Mathematical modelling and optimal control of anthracnose

TL;DR

This paper develops and analyzes nonlinear mathematical models, including spatial diffusion, for controlling anthracnose disease, and derives optimal control strategies with theoretical and numerical validation.

Contribution

Introduces two nonlinear models for anthracnose control, including a spatial diffusion component, and derives optimal control strategies with theoretical proofs and numerical simulations.

Findings

Existence of solutions for the models is established.

Optimal control strategies are characterized and numerically evaluated.

Models provide a framework for effective disease management.

Abstract

In this paper we propose two nonlinear models for the control of anthracnose disease. The first is an ordinary differential equation (ODE) model which represents the within-host evolution of the disease. The second includes spatial diffusion of the disease in a bounded domain.

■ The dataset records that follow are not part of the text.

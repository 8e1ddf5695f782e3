-- ===== src/Failover/Entries.antt =====
-- The usage logs that the loop appends, counted apart from what they say.
use token_gate.Base.{
  ℕ, suc, ◌+◌, ◌/◌, ◌≡◌, refl, inl, inr, Bool, true, false, Option, none, some, List, [], ◌∷◌, ◌++◌,
  arith, ◌==◌, if◌then◌else◌, Bool-cases, Option-cases, length, length-append,
}
use token_gate.Domain.{Backend, UsageLog}
use token_gate.Failover.{
  Exchange, ready, streaming_not_supported, not_prepared, Sent, no_response, broken_response,
  response, Delivery, not_adapted, not_buffered, delivered, Attempt, Progress, Next, returns,
  continues, breaks, with_status, append_attempt_usage_log, fail_over, fail_early, deliver,
  begin_attempt, receive, exchange_with, rewrite_failure, rewritten, attempt_on, is_last, follow,
  failover,
}
use token_gate.Failover.Verdicts.{db_of}
use token_gate.Scheduler.{Service, mark_success, mark_failure}
use token_gate.Store.{Db}
use token_gate.Store.Backends.{
  find_backend, get_backend, mark_backend_success, mark_backend_failure,
}
use token_gate.Store.UsageLogs.{append_usage_log}
use token_gate.Text.{Text, codes}
use token_gate.Time.{Time}

pub data Account : Type 0 where
  -- the attempt ends the request, or fails without a log, or with one if another attempt follows
  final silent entered : Account

unfoldable pub sent_account : Sent → Account
sent_account (no_response true e) = final
sent_account (no_response false e) = entered
sent_account (broken_response true e) = final
sent_account (broken_response false e) = entered
sent_account (response code status logged) = if code / 100 == 2 then final else entered

unfoldable pub exchange_account : Attempt → Exchange → Account
unfolding sent_account
exchange_account a (streaming_not_supported e) = silent
exchange_account a (not_prepared e) = entered
exchange_account a ready = sent_account a.sent

unfoldable pub rewrite_account : Attempt → Option Text → Account
unfolding exchange_account
rewrite_account a (some e) = entered
rewrite_account a none = exchange_account a a.exchange

unfoldable pub account : Text → Attempt → Backend → Account
unfolding rewrite_failure rewrite_account
account model a b = elim (a.canceled) [
  | some e ↦ final
  | none ↦ rewrite_account a (rewrite_failure model a b)
]

-- The logs of the attempts before the one that ends the request; the last candidate leaves none.
unfoldable pub entries : Text → (ℕ → Attempt) → ℕ → List Backend → ℕ
unfolding account
entries model attempts n [] = 0
entries model attempts n (b ∷ bs) =
    let rest = entries model attempts (suc n) bs in
    elim (account model (attempts n) b) [
      | final ↦ 0
      | silent ↦ rest
      | entered ↦ (if is_last bs then 0 else 1) + rest
    ]

abbrev pub log_count : Db → ℕ
log_count db = length db.usage_logs

-- What an attempt with this account does to the logs.
unfoldable pub Counts : Bool → ℕ → Account → Next → Type 0
Counts last k final (returns reply q) = log_count q.db ≡ k
Counts last k silent (continues q) = log_count q.db ≡ k
Counts last k entered (continues q) = log_count q.db ≡ k + (if last then 0 else 1)
Counts last k entered (breaks q) = (last ≡ true) × (log_count q.db ≡ k)
Counts last k _ _ = ⊥

pub log_count-append_usage_log :
    (t : Time) (log : UsageLog) (db : Db) → log_count (append_usage_log t log db) ≡ log_count db + 1
unfolding append_usage_log
log_count-append_usage_log t log db = length-append db.usage_logs _

log_count-mark_failure :
    (s : Service) (t : Time) (id : ℕ) (db : Db) → log_count (mark_failure s t id db) ≡ log_count db
unfolding mark_failure mark_backend_failure get_backend
log_count-mark_failure s t id db = elim (Option-cases (find_backend id db.backends)) [
  | inl e ↦ rw (e, mark_failure, mark_backend_failure, get_backend) refl
  | inr (b, e) ↦ rw (e, mark_failure, mark_backend_failure, get_backend) refl
]

log_count-mark_success :
    (t : Time) (id : ℕ) (db : Db) → log_count (mark_success t id db) ≡ log_count db
unfolding mark_success mark_backend_success
log_count-mark_success t id db = refl

fail_over-Counts :
    (k : ℕ) (a : Attempt) (q : Progress) (last : Bool)
    → log_count q.db ≡ k
    → Counts last k entered (fail_over last a q)
unfolding Counts fail_over append_attempt_usage_log
fail_over-Counts k a q true h = (refl, h)
fail_over-Counts k a q false h = omega (
  arith,
  h,
  log_count-append_usage_log a.at (record (q.log) { duration_ms = a.duration_ms }) q.db,
)

fail_early-Counts :
    (k : ℕ) (a : Attempt) (q : Progress) (last : Bool) (reason message : Text)
    → log_count q.db ≡ k
    → Counts last k entered (fail_early last a reason message q)
unfolding Counts fail_early append_attempt_usage_log
fail_early-Counts k a q true reason message h = omega (arith, h)
fail_early-Counts k a q false reason message h = omega (
  arith,
  h,
  log_count-append_usage_log a.at
      (record (with_status 503 (reason ++ message) q.log) { duration_ms = a.duration_ms }) q.db,
)

receive-Counts :
    (s : Service) (last : Bool) (a : Attempt) (b : Backend) (x : Sent) (q : Progress)
    → Counts last (log_count q.db) (sent_account x) (receive s last a b x q)
unfolding Counts receive sent_account
receive-Counts s last a b (no_response true e) q = refl
receive-Counts s last a b (no_response false e) q =
    fail_over-Counts _ a _ last (log_count-mark_failure s a.at b.id q.db)
receive-Counts s last a b (broken_response true e) q = refl
receive-Counts s last a b (broken_response false e) q =
    fail_over-Counts _ a _ last (log_count-mark_failure s a.at b.id q.db)
receive-Counts s last a b (response code status logged) q = elim (Bool-cases (code / 100 == 2)) [
  | inl e ↦ rw e (deliver-Counts a.delivery)
  | inr e ↦ rw e (fail_over-Counts _ a _ last (log_count-mark_failure s a.at b.id q.db))
]
  where
    deliver-Counts : (d : Delivery) → Counts last (log_count q.db) final (deliver a b code d q)
    deliver-Counts (not_adapted e) = refl
    deliver-Counts (not_buffered e) = refl
    deliver-Counts (delivered st l f) = refl

exchange_with-Counts :
    (s : Service) (last : Bool) (a : Attempt) (b : Backend) (x : Exchange) (q : Progress)
    → Counts last (log_count q.db) (exchange_account a x) (exchange_with s last a b x q)
unfolding Counts exchange_with exchange_account
exchange_with-Counts s last a b (streaming_not_supported e) q = refl
exchange_with-Counts s last a b (not_prepared e) q =
    fail_early-Counts _ a q last (codes "prepare exchange failed: ") e refl
exchange_with-Counts s last a b ready q = receive-Counts s last a b a.sent q

rewritten-Counts :
    (s : Service) (last : Bool) (a : Attempt) (b : Backend) (x : Option Text) (q : Progress)
    → Counts last (log_count q.db) (rewrite_account a x) (rewritten s last a b x q)
unfolding Counts rewritten rewrite_account
rewritten-Counts s last a b (some e) q =
    fail_early-Counts _ a q last (codes "rewrite model failed: ") e refl
rewritten-Counts s last a b none q = exchange_with-Counts s last a b a.exchange q

attempt_on-Counts :
    (s : Service) (model : Text) (last : Bool) (n : ℕ) (a : Attempt) (b : Backend) (p : Progress)
    → Counts last (log_count p.db) (account model a b) (attempt_on s model last n a b p)
unfolding Counts attempt_on account
attempt_on-Counts s model last n a b p = elim (Option-cases (a.canceled)) [
  | inl e ↦ rw e (rewritten-Counts s last a b (rewrite_failure model a b) (begin_attempt n b p))
  | inr (m, e) ↦ rw e refl
]

follow-Counts :
    (s : Service) (model : Text) (attempts : ℕ → Attempt) (n : ℕ) (b : Backend) (bs : List Backend)
    (k : ℕ) (v : Account) (x : Next)
    → account model (attempts n) b ≡ v
    → Counts (is_last bs) k v x
    → ((q : Progress)
        → log_count (db_of (failover s model attempts (suc n) bs q))
          ≡ log_count q.db + entries model attempts (suc n) bs)
    → log_count (db_of (follow (failover s model attempts (suc n) bs) x))
      ≡ k + entries model attempts n (b ∷ bs)
unfolding Counts entries db_of
follow-Counts s model attempts n b bs k final (returns reply q) e h ih =
    rw (e, entries) (omega (arith, h))
follow-Counts s model attempts n b bs k silent (continues q) e h ih =
    rw (e, entries) (omega (arith, h, ih q))
follow-Counts s model attempts n b bs k entered (continues q) e h ih =
    rw (e, entries) (omega (arith, h, ih q))
follow-Counts s model attempts n b [] k entered (breaks q) e (l, h) ih =
    rw (e, entries) (omega (arith, h))
follow-Counts s model attempts n b (c ∷ cs) k entered (breaks q) e (l, h) ih = ground arith
follow-Counts s model attempts n b bs k _ _ e h ih = elim h [ ]

-- The loop appends one log for each attempt that failed with another one to follow, and none for
-- an attempt that was skipped because the backend cannot stream in its protocol.
pub log_count-failover :
    (s : Service) (model : Text) (attempts : ℕ → Attempt) (n : ℕ) (bs : List Backend) (p : Progress)
    → log_count (db_of (failover s model attempts n bs p))
      ≡ log_count p.db + entries model attempts n bs
unfolding failover entries db_of
log_count-failover s model attempts n [] p = omega arith
log_count-failover s model attempts n (b ∷ bs) p =
    follow-Counts s model attempts n b bs (log_count p.db) (account model (attempts n) b)
      (attempt_on s model (is_last bs) (suc n) (attempts n) b p) refl
      (attempt_on-Counts s model (is_last bs) (suc n) (attempts n) b p)
      (log_count-failover s model attempts (suc n) bs)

We demonstrate the well-posedness of those models by verifying the existence of solutions for given initial conditions and positive invariance of the positive cone. By considering a quadratic cost functional and applying a maximum principle, we construct a feedback optimal control for the ODE model which is evaluated through numerical simulations with the scientific software Scilab. For the diffusion model we establish under some conditions the existence of an optimal control with respect to a generalized version of the cost functional mentioned above. We also provide a characterization for this optimal control.